DATA IN THIS EXERCISE:
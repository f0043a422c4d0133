-- ===== src/Impls/Refine.antt =====
-- `construct` and `destory` keep the linked list.
use jnet_lib.Base.{
  ℕ, ◌≡◌, ◌≢◌, ◌↔◌, inl, inr, refl, sym, ap, ◌∙◌, subst, Option, none, some, List, [], ◌∷◌, update,
  update_self, update_ne, ◌==◌, if◌then◌else◌, arith, Bool-cases,
}
use mathlib.Core.List.{Memᴰ}
use jnet_lib.Impls.{
  Impls, is_at, store_at, construct, destory, remove, Lives, empty, constructs, destroys,
}
use jnet_lib.Impls.Linked.{Linked, Distinct, Linked-ext, next-prev, prev-next, next-ne}

pub record Represents (l : Impls) (xs : List ℕ) : Type 0 where
  pub linked : Linked l.next l.prev none l.impl_list xs
  pub distinct : Distinct xs

mem_ne : (p : ℕ) (xs : List ℕ) → (Memᴰ p xs → ⊥) → (x : ℕ) → Memᴰ x xs → x ≢ p
mem_ne p xs o x m e = o (subst (λ y. Memᴰ y xs) e m)

-- A new object in front of the others.
front-Linked :
    (next prev : ℕ → Option ℕ) (p x : ℕ) (xs : List ℕ)
    → Linked next prev none (some x) (x ∷ xs)
    → (Memᴰ p (x ∷ xs) → ⊥)
    → (Memᴰ x xs → ⊥)
    → Linked
        (update next p (some x))
        (update (update prev p none) x (some p))
        none
        (some p)
        (p ∷ x ∷ xs)
front-Linked next prev p x xs (e, q, l) o o' =
    let p≢x : p ≢ x = λ z. o (Memᴰ.head z) in
    (
      refl,
      update_ne (update prev p none) x (some p) p p≢x ∙ update_self prev p none,
      (
        update_self next p (some x),
        update_self (update prev p none) x (some p),
        subst
            (λ n.
              Linked (update next p (some x)) (update (update prev p none) x (some p)) (some x) n
                xs)
            (sym (update_ne next p (some x) x (λ z. p≢x (sym z))))
            (Linked-ext next (update next p (some x)) prev (update (update prev p none) x (some p))
              (some x) (next x) xs
              (λ y m. sym (update_ne next p (some x) y (mem_ne p (x ∷ xs) o y (Memᴰ.tail m))))
              (λ y m. sym (
                update_ne (update prev p none) x (some p) y (mem_ne x xs o' y m)
                ∙ update_ne prev p none y (mem_ne p (x ∷ xs) o y (Memᴰ.tail m))))
              l),
      ),
    )

construct-Represents :
    (p : ℕ) (l : Impls) (xs : List ℕ)
    → Represents l xs
    → (Memᴰ p xs → ⊥)
    → Represents (construct p l) (p ∷ xs)
unfolding construct
construct-Represents p l [] r o = record {
  linked = (
    refl,
    rw (r.linked) (update_self l.prev p none),
    update_self l.next p l.impl_list ∙ r.linked,
  );
  distinct = (o, r.distinct);
}
construct-Represents p l (x ∷ xs) r o = record {
  linked =
      subst
        (λ h.
          Linked (update l.next p h) (store_at h (some p) (update l.prev p none)) none (some p)
            (p ∷ x ∷ xs))
        (sym r.linked.0)
        (front-Linked l.next l.prev p x xs (refl, r.linked.1, r.linked.2) o r.distinct.0);
  distinct = (o, r.distinct);
}

-- A pointer to `p` becomes `v`.
abbrev skip : ℕ → Option ℕ → Option ℕ → Option ℕ
skip p v o = if is_at o p then v else o

skip_self : (p : ℕ) (v : Option ℕ) → skip p v (some p) ≡ v
skip_self p v = ground arith

skip_ne : (p : ℕ) (v o : Option ℕ) → o ≢ some p → skip p v o ≡ o
skip_ne p v none n = refl
skip_ne p v (some x) n = elim (Bool-cases (x == p)) [
  | inl d ↦ absurd (n (ap some (let e : x ≡ p = ground (arith, d) in e)))
  | inr d ↦ rw d refl
]

-- Where no object follows itself, a list without `p` skips it on both sides.
remove-Linked :
    (next prev next' prev' : ℕ → Option ℕ) (p : ℕ) (b h : Option ℕ) (xs : List ℕ)
    → ((x : ℕ) → Memᴰ x xs → x ≢ p → next' x ≡ skip p (next p) (next x))
    → ((x : ℕ) → Memᴰ x xs → x ≢ p → prev' x ≡ skip p (prev p) (prev x))
    → next p ≢ some p
    → prev p ≢ some p
    → Linked next prev b h xs
    → Linked next' prev' (skip p (prev p) b) (skip p (next p) h) (remove p xs)
remove-Linked next prev next' prev' p b h [] a a' n n' l = rw l refl
remove-Linked next prev next' prev' p b h (x ∷ xs) a a' n n' (e, q, l) =
    let rest =
      remove-Linked next prev next' prev' p (some x) (next x) xs (λ y m. a y (Memᴰ.tail m))
        (λ y m. a' y (Memᴰ.tail m)) n n' l in
    elim (Bool-cases (x == p)) [
      | inl d ↦ rw d (at_p (let z : x ≡ p = ground (arith, d) in z) rest)
      | inr d ↦
          (let x≢p : x ≢ p = ground (arith, d) in
            rw d (
              ap (skip p (next p)) e ∙ skip_ne p (next p) (some x) (λ z. x≢p (cc z)),
              a' x (Memᴰ.head refl) x≢p ∙ ap (skip p (prev p)) q,
              subst (λ k. Linked next' prev' (some x) k (remove p xs))
                  (sym (a x (Memᴰ.head refl) x≢p))
                  (subst (λ k. Linked next' prev' k (skip p (next p) (next x)) (remove p xs))
                    (skip_ne p (prev p) (some x) (λ z. x≢p (cc z))) rest),
            ))
    ]
  where
    at_p :
        x ≡ p
        → Linked next' prev' (skip p (prev p) (some x)) (skip p (next p) (next x)) (remove p xs)
        → Linked next' prev' (skip p (prev p) b) (skip p (next p) h) (remove p xs)
    at_p z r =
        let w : prev p ≡ b = cc (z, q) in
        let v : next x ≡ next p = ap next z in
        subst (λ k. Linked next' prev' k (skip p (next p) h) (remove p xs))
          (ap (skip p (prev p)) (ap some z)
            ∙ skip_self p (prev p)
            ∙ w
            ∙ sym (skip_ne p (prev p) b (λ u. n' (w ∙ u))))
          (subst (λ k. Linked next' prev' (skip p (prev p) (some x)) k (remove p xs))
            (skip_ne p (next p) (next x) (λ u. n (sym v ∙ u))
              ∙ v
              ∙ sym (ap (skip p (next p)) (e ∙ ap some z) ∙ skip_self p (next p)))
            r)

store_at_ne : (f : ℕ → Option ℕ) (o v : Option ℕ) (p : ℕ) → o ≢ some p → store_at o v f p ≡ f p
store_at_ne f none v p n = refl
store_at_ne f (some q) v p n = update_ne f q v p (λ e. n (ap some (sym e)))

-- Where only the object at `o` points to `p`, a store there makes every other object skip `p`.
store_at-skip :
    (f : ℕ → Option ℕ) (o v : Option ℕ) (p x : ℕ)
    → ((f x ≡ some p) ↔ (o ≡ some x))
    → store_at o v f x ≡ skip p v (f x)
store_at-skip f none v p x (there, back) = sym (skip_ne p v (f x) (λ e. let z = there e in cc z))
store_at-skip f (some q) v p x (there, back) = elim (Bool-cases (x == q)) [
  | inl d ↦
      (let z : x ≡ q = ground (arith, d) in
        ap (λ y. update f q v y) z
        ∙ update_self f q v
        ∙ sym (ap (skip p v) (back (ap some (sym z))) ∙ skip_self p v))
  | inr d ↦
      (let z : x ≢ q = ground (arith, d) in
        update_ne f q v x z ∙ sym (skip_ne p v (f x) (λ e. z (let y = there e in cc y))))
]

module _ (next prev : ℕ → Option ℕ) (h : Option ℕ) (xs : List ℕ)
    (l : Linked next prev none h xs) where
  prev-next_inside : (y q : ℕ) → Memᴰ y xs → prev y ≡ some q → next q ≡ some y
  prev-next_inside y q m e = elim (prev-next next prev none h xs l y q m e) [
    | inl (z, w) ↦ absurd (cc z)
    | inr z ↦ z
  ]

  -- What `destory` stores, for the objects that remain.
  destory-next :
      (p x : ℕ)
      → Memᴰ p xs
      → Memᴰ x xs
      → x ≢ p
      → update (store_at (prev p) (next p) next) p none x ≡ skip p (next p) (next x)
  destory-next p x m n z =
      update_ne (store_at (prev p) (next p) next) p none x z
      ∙ store_at-skip next (prev p) (next p) p x
          (next-prev next prev none h xs l x p n, prev-next_inside p x m)

  destory-prev :
      (p x : ℕ)
      → Memᴰ p xs
      → Memᴰ x xs
      → x ≢ p
      → update (store_at (next p) (prev p) prev) p none x ≡ skip p (prev p) (prev x)
  destory-prev p x m n z =
      update_ne (store_at (next p) (prev p) prev) p none x z
      ∙ store_at-skip prev (next p) (prev p) p x
          (prev-next_inside x p n, next-prev next prev none h xs l p x m)

mem-remove : (p x : ℕ) (xs : List ℕ) → Memᴰ x (remove p xs) → Memᴰ x xs
mem-remove p x [] m = m
mem-remove p x (y ∷ ys) m = elim (Bool-cases (y == p)) [
  | inl d ↦
      Memᴰ.tail
        (mem-remove p x ys (subst (λ b. Memᴰ x (if b then remove p ys else y ∷ remove p ys)) d m))
  | inr d ↦ elim (subst (λ b. Memᴰ x (if b then remove p ys else y ∷ remove p ys)) d m) [
    | Memᴰ.head e ↦ Memᴰ.head e
    | Memᴰ.tail n ↦ Memᴰ.tail (mem-remove p x ys n)
  ]
]

remove-Distinct : (p : ℕ) (xs : List ℕ) → Distinct xs → Distinct (remove p xs)
remove-Distinct p [] d = d
remove-Distinct p (x ∷ xs) (o, d) = elim (Bool-cases (x == p)) [
  | inl e ↦
      subst (λ b. Distinct (if b then remove p xs else x ∷ remove p xs)) (sym e)
        (remove-Distinct p xs d)
  | inr e ↦
      subst (λ b. Distinct (if b then remove p xs else x ∷ remove p xs)) (sym e)
        ((λ m. o (mem-remove p x xs m)), remove-Distinct p xs d)
]

destory-Represents :
    (p : ℕ) (l : Impls) (xs : List ℕ)
    → Represents l xs
    → Memᴰ p xs
    → Represents (destory p l) (remove p xs)
unfolding destory
destory-Represents p l xs r m =
    let n : l.next p ≢ some p = next-ne l.next l.prev none l.impl_list xs r.linked r.distinct p m in
    let n' : l.prev p ≢ some p =
      λ e. n (prev-next_inside l.next l.prev l.impl_list xs r.linked p p m e) in
    let kept : store_at (l.prev p) (l.next p) l.next p ≡ l.next p =
      store_at_ne l.next (l.prev p) (l.next p) p n' in
    record {
      linked =
          remove-Linked l.next l.prev (update (store_at (l.prev p) (l.next p) l.next) p none)
            (update (store_at (store_at (l.prev p) (l.next p) l.next p) (l.prev p) l.prev) p none) p
            none l.impl_list xs
            (λ x k z. destory-next l.next l.prev l.impl_list xs r.linked p x m k z)
            (λ x k z.
              ap (λ o. update (store_at o (l.prev p) l.prev) p none x) kept
              ∙ destory-prev l.next l.prev l.impl_list xs r.linked p x m k z)
            n n' r.linked;
      distinct = remove-Distinct p xs r.distinct;
    }

-- After any history of constructors and destructors of sockets and files, each constructed
-- once and destroyed while it lives, the pointers from impl_list_ on make the list of the
-- objects that live, the last one first and each once, with the back pointers its mirror and
-- that of the first one null.
pub Lives-Represents : (l : Impls) (xs : List ℕ) → Lives l xs → Represents l xs
Lives-Represents l xs (empty k e) = record { linked = e; distinct = tt }
Lives-Represents l xs (constructs {l = l₀} {xs = ys} p h o) =
    construct-Represents p l₀ ys (Lives-Represents l₀ ys h) o
Lives-Represents l xs (destroys {l = l₀} {xs = ys} p h m) =
    destory-Represents p l₀ ys (Lives-Represents l₀ ys h) m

WORK ORDER: What you return should be exactly the lines above, starting at the one with "(next p) p x" and ending at the one with "destory-prev p x", and nothing else.

REPLY:
      ∙ store_at-skip next (prev p) (next p) p x
          (next-prev next prev none h xs l x p n, prev-next_inside p x m)

  destory-prev :
      (p x : ℕ)
      → Memᴰ p xs
      → Memᴰ x xs
      → x ≢ p
      → update (store_at (next p) (prev p) prev) p none x ≡ skip p (prev p) (prev x)
  destory-prev p x m n z =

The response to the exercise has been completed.